= Wang Qingsong =

Chinese photographer

Wang Qingsong (born 1966) is a Chinese photographer.

== Early life and education ==
He was born in Daqing, China in 1966, and grew up in Hubei. He studied at the Sichuan Academy of Art. He moved to Beijing in 1993. On his background, he said, "I think there are many regional distinctions that I have incorporated into my art. For example, being born in Heilongjiang Province, I remember a lot of Soviet tanks going around when I was three. At that time, China had a confrontation with the Soviet Union. When we moved to Hubei Province, many people were assigned there to work on an oil field that used to be a swamp. In Sichuan, I was in one of the most populous cities in the world and the most important memories were of all the itinerant peasant workers from Chongqing. Then, in 1993, the huge urbanization strive in Beijing also impacted my art. All of these experiences have given me a lot of inspiration."

== Career ==
He began his career as an oil painter, then moved on to photography.

He considers himself both a journalist and an artist, saying, "I think it is very meaningless if an artist only creates art for art's sake. For me, the dramatic changes in China have transformed China into a huge playground or construction site. Whenever I go into the city I feel suffocated by the pollution, social contradictions, and so forth. All of these factors contribute to the fact that artists cannot just make art for art's sake. I think it would be absurd for an artist to ignore what's going on in society."
His art focuses on political topics such as the government of China.

== Notable works ==

=== Skyscraper ===
In 2009, the Hammer Museum exhibited his piece Skyscraper:In Skyscraper, Qingsong employed 30 scaffolding workers from the countryside near Beijing during a month long production, to build a 35meter high ‘skyscraper’ out of gold-painted iron scaffolding. Using stop-action 35mm film he captures the entire process, but without showing the workers. China has been growing at breakneck speed but what is not always noticed, like Wang’s process behind his photos, is the immediate effect and sacrifices of millions of displaced and anonymous people. The end of the film shows fireworks exploding from the top of the skyscraper in a jubilant but dark celebration as we listen to three women sing a Chinese version of “Silent Night, Holy Night.”

=== The Bloodstained Shirt ===
He works mostly in China, but in 2018, he created the piece The Bloodstained Shirt while visiting Michigan. The University of Michigan Museum of Art, where the piece was shown, wrote of it, In The Bloodstained Shirt (2018), Chinese artist Wang Qingsong restages in Highland Park, Michigan, an iconic 1959 drawing by Wang Shikuo of peasants rising up against a cruel landlord and triumphantly reclaiming their right to the land.
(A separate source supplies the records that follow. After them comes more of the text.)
-- ===== src/Asm/Immediate/Width.antt =====
-- What `width`, `bit_width` and the conversions of asm.rs say of an immediate's value.
use rustevm.Base.{
  ℕ, zero, suc, ◌+◌, ◌-◌, ◌*◌, ◌^◌, ◌≤◌, ◌<◌, ◌≡◌, refl, sym, ◌∙◌, ◌≢◌, inl, inr, Option, none,
  some, List, [], ◌∷◌, arith, ◌==◌, Bool-cases, ==_iff, length, length-append, length-replicate,
  length-drop, drop, All, All-append, All-drop, replicate,
}
use rustevm.Base.Bytes.{
  IsByte, be_value, be_value-lt, to_be_bytes, length-to_be_bytes, to_be_bytes-IsByte,
  be_value-to_be_bytes, be_value-zeros, pow_256, pow_add,
}
use mathlib.Core.Option
use mathlib.Core.Path.{subst}
use rustevm.Asm.Immediate.{
  Immediate, IsWord, first_nonzero, byte_at, leading_zeros, width, bit_width, from_int,
}

-- What the search for the first byte that is not zero finds.
abbrev Leading : List ℕ → Option ℕ → Type 0
Leading bs none = be_value bs ≡ 0
Leading bs (some i) =
    (after : ℕ) × (length bs ≡ suc (i + after))
    × (0 < byte_at bs i)
    × (be_value (drop i bs) ≡ be_value bs)
    × (be_value bs ≡ byte_at bs i * 256 ^ after + be_value (drop (suc i) bs))

be_value-zero_cons : (b : ℕ) (bs : List ℕ) → b ≡ 0 → be_value (b ∷ bs) ≡ be_value bs
unfolding be_value
be_value-zero_cons b bs e = rw e (omega arith)

Leading-zero :
    (b : ℕ) (bs : List ℕ) (o : Option ℕ)
    → b ≡ 0
    → Leading bs o
    → Leading (b ∷ bs) (Option.map suc o)
unfolding byte_at
Leading-zero b bs none e h = be_value-zero_cons b bs e ∙ h
Leading-zero b bs (some i) e (after, sized, nonzero, same, split) = (
  after,
  omega arith,
  nonzero,
  same ∙ sym (be_value-zero_cons b bs e),
  be_value-zero_cons b bs e ∙ split,
)

first_nonzero-Leading : (bs : List ℕ) → Leading bs (first_nonzero bs)
unfolding first_nonzero
first_nonzero-Leading [] = unfold be_value in refl
first_nonzero-Leading (b ∷ bs) = elim (Bool-cases (b == 0)) [
  | inl z ↦
      rw z (Leading-zero b bs (first_nonzero bs) ((==_iff b 0).0 z) (first_nonzero-Leading bs))
  | inr nz ↦ rw nz (unfold be_value byte_at in (length bs, omega arith, ground arith, refl, refl))
]

pow_bytes : (n : ℕ) → 256 ^ n ≡ 2 ^ (n * 8)
pow_bytes zero = refl
pow_bytes (suc n) =
    let e : suc n * 8 ≡ n * 8 + 8 = omega arith in
    rw (pow_256 n, e, pow_add (n * 8) 8, pow_bytes n) refl

-- The bounds that the number of leading zeros gives for a byte.
leading_zeros_bounds :
    (b : ℕ)
    → 0 < b
    → b < 256
    → (leading_zeros b ≤ 7) × (b < 2 ^ (8 - leading_zeros b)) × (2 ^ (7 - leading_zeros b) ≤ b)
unfolding leading_zeros
leading_zeros_bounds b pos small = ground arith

byte_at-lt : (bs : List ℕ) (i : ℕ) → All IsByte bs → byte_at bs i < 256
unfolding byte_at
byte_at-lt [] i h = omega arith
byte_at-lt (b ∷ bs) zero h = h.0
byte_at-lt (b ∷ bs) (suc i) h = byte_at-lt bs i h.1

abbrev width_at : Option ℕ → ℕ
width_at (some first) = 32 - first
width_at none = 0

-- What stands behind the leading byte is below its weight.
tail-lt :
    (imm : Immediate) (i after : ℕ)
    → IsWord imm
    → length imm ≡ suc (i + after)
    → be_value (drop (suc i) imm) < 256 ^ after
tail-lt imm i after w sized =
    let e : length (drop (suc i) imm) ≡ after = omega (arith, length-drop (suc i) imm) in
    subst (λ n. be_value (drop (suc i) imm) < 256 ^ n) e
      (be_value-lt (drop (suc i) imm) (All-drop IsByte (suc i) imm w.of_bytes))

width_of :
    (imm : Immediate) (o : Option ℕ)
    → IsWord imm
    → Leading imm o
    → (width_at o ≤ 32)
      × (be_value imm < 256 ^ width_at o)
      × (width_at o ≢ 0 → 256 ^ (width_at o - 1) ≤ be_value imm)
width_of imm none w h = (omega arith, omega arith, λ nz. absurd (nz refl))
width_of imm (some i) w (after, sized, nonzero, same, split) =
    let e : 32 - i ≡ suc after = omega arith in
    rw e (
      omega arith,
      grind (arith, pow_256 after, tail-lt imm i after w sized, byte_at-lt imm i w.of_bytes),
      λ _. grind arith,
    )

pub be_value-empty : (bs : List ℕ) → length bs ≡ 0 → be_value bs ≡ 0
unfolding be_value
be_value-empty [] e = refl
be_value-empty (b ∷ bs) e = absurd (omega arith)

drop_width_of :
    (imm : Immediate) (o : Option ℕ)
    → IsWord imm
    → Leading imm o
    → be_value (drop (32 - width_at o) imm) ≡ be_value imm
drop_width_of imm none w h =
    be_value-empty (drop 32 imm) (omega (arith, length-drop 32 imm)) ∙ sym h
drop_width_of imm (some i) w (after, sized, nonzero, same, split) =
    let e : 32 - (32 - i) ≡ i = omega arith in rw e same

abbrev bit_width_at : Immediate → Option ℕ → ℕ
bit_width_at imm (some first) = (32 - first) * 8 - leading_zeros (byte_at imm first)
bit_width_at imm none = 0

bit_width_of :
    (imm : Immediate) (o : Option ℕ)
    → IsWord imm
    → Leading imm o
    → (bit_width_at imm o ≤ 256)
      × (be_value imm < 2 ^ bit_width_at imm o)
      × (bit_width_at imm o ≢ 0 → 2 ^ (bit_width_at imm o - 1) ≤ be_value imm)
bit_width_of imm none w h = (omega arith, omega arith, λ nz. absurd (nz refl))
bit_width_of imm (some i) w (after, sized, nonzero, same, split) =
    let small = byte_at-lt imm i w.of_bytes in
    let lz = leading_zeros (byte_at imm i) in
    let (few, above, below) = leading_zeros_bounds (byte_at imm i) nonzero small in
    let e : (32 - i) * 8 - lz ≡ (8 - lz) + after * 8 = omega arith in
    let e' : (8 - lz) + after * 8 - 1 ≡ (7 - lz) + after * 8 = omega arith in
    rw e (
      omega arith,
      rw (pow_add (8 - lz) (after * 8), ← pow_bytes after)
          (grind (arith, tail-lt imm i after w sized, split)),
      λ _. rw (e', pow_add (7 - lz) (after * 8), ← pow_bytes after) (grind (arith, split)),
    )

-- A word's `width` is the least number of bytes that holds its value, and at most 32.
pub width_bounds :
    (imm : Immediate)
    → IsWord imm
    → (width imm ≤ 32)
      × (be_value imm < 256 ^ width imm)
      × (width imm ≢ 0 → 256 ^ (width imm - 1) ≤ be_value imm)
unfolding width
width_bounds imm w = width_of imm (first_nonzero imm) w (first_nonzero-Leading imm)

-- The last `width` bytes of a word have the word's value.
pub be_value-drop-width :
    (imm : Immediate) → IsWord imm → be_value (drop (32 - width imm) imm) ≡ be_value imm
unfolding width
be_value-drop-width imm w = drop_width_of imm (first_nonzero imm) w (first_nonzero-Leading imm)

-- A word's `bit_width` is the least number of bits that holds its value.
pub bit_width_bounds :
    (imm : Immediate)
    → IsWord imm
    → (bit_width imm ≤ 256)
      × (be_value imm < 2 ^ bit_width imm)
      × (bit_width imm ≢ 0 → 2 ^ (bit_width imm - 1) ≤ be_value imm)
unfolding width bit_width
bit_width_bounds imm w = bit_width_of imm (first_nonzero imm) w (first_nonzero-Leading imm)

zeros-IsByte : (n : ℕ) → All IsByte (replicate n 0)
zeros-IsByte zero = tt
zeros-IsByte (suc n) = (omega arith, zeros-IsByte n)

pub from_int-IsWord : (n v : ℕ) → n ≤ 32 → IsWord (from_int n v)
unfolding from_int
from_int-IsWord n v h = record {
  sized = omega (
    arith,
    length-append (replicate (32 - n) 0) (to_be_bytes n v),
    length-replicate {A = ℕ} (32 - n) 0,
    length-to_be_bytes n v,
  );
  of_bytes =
      All-append IsByte (replicate (32 - n) 0) _ (zeros-IsByte (32 - n)) (to_be_bytes-IsByte n v);
}

-- The conversion from an unsigned integer of `n` bytes keeps its value.
pub be_value-from_int : (n v : ℕ) → v < 256 ^ n → be_value (from_int n v) ≡ v
unfolding from_int
be_value-from_int n v h = be_value-zeros (32 - n) _ ∙ be_value-to_be_bytes n v h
Wang’s projects are usually located in China, but while visiting southeast Michigan he was struck by the similarities between the effects of inequitable real estate development on local communities in Detroit, Highland Park, and his native Beijing. His large-scale photograph, set in an abandoned factory building in Highland Park and featuring more than seventy volunteers, collapses two moments in history to present a vivid reminder of the human consequences of the ruthless pursuit of profit and the power of collective action. The exhibition includes works created in collaboration with area residents that give voice to their concerns and their hopes for transformation and renewal.

=== On the Field of Hope ===
He created his piece On the Field of Hope during the 2020 COVID-19 pandemic. In the summer of 2020, it was on display at the Tang Contemporary Art gallery in Beijing. The gallery wrote that his work "showcases the tension between changing societal realities and human desires, and imaginatively presents the ongoing drama that hovers between fields of the past and hopes for the future."